# Exercise directions
Each line of the data that includes "List" must be copied.

# Information given
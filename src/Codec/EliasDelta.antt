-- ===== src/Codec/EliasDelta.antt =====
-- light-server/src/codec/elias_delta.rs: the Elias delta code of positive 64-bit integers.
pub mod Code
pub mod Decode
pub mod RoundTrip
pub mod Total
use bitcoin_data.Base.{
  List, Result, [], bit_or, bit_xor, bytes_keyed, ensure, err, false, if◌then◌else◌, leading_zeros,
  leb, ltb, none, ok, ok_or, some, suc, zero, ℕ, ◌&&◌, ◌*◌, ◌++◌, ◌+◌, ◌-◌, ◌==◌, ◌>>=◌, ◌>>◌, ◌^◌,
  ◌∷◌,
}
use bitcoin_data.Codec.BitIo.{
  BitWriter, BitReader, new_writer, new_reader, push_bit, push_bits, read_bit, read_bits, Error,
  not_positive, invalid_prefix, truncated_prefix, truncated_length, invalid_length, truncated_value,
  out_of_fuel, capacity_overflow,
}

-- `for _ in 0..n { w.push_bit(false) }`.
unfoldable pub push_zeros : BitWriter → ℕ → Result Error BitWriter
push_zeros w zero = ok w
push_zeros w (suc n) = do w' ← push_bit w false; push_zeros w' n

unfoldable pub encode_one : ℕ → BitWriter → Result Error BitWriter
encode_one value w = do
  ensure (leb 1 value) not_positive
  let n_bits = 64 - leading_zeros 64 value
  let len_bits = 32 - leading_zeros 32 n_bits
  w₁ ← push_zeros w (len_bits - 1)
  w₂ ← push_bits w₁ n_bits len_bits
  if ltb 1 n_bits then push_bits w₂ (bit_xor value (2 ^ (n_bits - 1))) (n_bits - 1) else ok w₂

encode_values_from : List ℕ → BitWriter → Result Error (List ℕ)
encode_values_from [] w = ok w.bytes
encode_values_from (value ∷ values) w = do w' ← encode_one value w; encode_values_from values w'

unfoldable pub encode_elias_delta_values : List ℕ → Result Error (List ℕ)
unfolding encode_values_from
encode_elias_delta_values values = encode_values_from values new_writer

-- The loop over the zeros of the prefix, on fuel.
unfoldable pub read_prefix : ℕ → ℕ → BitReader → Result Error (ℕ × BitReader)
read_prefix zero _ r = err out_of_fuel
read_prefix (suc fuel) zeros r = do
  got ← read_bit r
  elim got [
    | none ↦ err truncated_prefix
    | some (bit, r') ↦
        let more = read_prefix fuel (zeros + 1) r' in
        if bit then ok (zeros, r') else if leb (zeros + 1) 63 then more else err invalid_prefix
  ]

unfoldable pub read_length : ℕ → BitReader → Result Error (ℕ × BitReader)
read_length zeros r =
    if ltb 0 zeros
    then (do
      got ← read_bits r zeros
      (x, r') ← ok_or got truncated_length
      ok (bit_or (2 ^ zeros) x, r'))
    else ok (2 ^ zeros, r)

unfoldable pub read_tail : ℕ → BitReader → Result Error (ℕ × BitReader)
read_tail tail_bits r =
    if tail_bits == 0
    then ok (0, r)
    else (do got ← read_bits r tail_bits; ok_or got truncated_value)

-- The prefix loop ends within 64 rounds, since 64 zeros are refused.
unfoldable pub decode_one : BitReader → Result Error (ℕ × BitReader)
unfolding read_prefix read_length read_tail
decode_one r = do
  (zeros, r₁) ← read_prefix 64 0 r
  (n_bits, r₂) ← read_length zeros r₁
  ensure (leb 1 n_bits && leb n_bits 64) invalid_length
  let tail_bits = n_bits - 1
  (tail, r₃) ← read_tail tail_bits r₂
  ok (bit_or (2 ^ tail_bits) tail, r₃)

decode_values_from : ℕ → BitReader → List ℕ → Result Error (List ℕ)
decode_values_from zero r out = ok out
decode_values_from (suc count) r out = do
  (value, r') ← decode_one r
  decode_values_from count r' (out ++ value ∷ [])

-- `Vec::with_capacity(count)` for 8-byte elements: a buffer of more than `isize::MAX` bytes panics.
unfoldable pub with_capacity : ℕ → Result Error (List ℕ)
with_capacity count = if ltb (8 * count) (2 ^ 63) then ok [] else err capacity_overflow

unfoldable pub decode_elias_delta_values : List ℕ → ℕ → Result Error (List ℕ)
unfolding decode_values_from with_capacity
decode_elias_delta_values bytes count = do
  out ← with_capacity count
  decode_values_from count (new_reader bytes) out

# Solution to the problem
  List, Result, [], bit_or, bit_xor, bytes_keyed, ensure, err, false, if◌then◌else◌, leading_zeros,
encode_values_from : List ℕ → BitWriter → Result Error (List ℕ)
unfoldable pub encode_elias_delta_values : List ℕ → Result Error (List ℕ)
decode_values_from : ℕ → BitReader → List ℕ → Result Error (List ℕ)
unfoldable pub with_capacity : ℕ → Result Error (List ℕ)
unfoldable pub decode_elias_delta_values : List ℕ → ℕ → Result Error (List ℕ)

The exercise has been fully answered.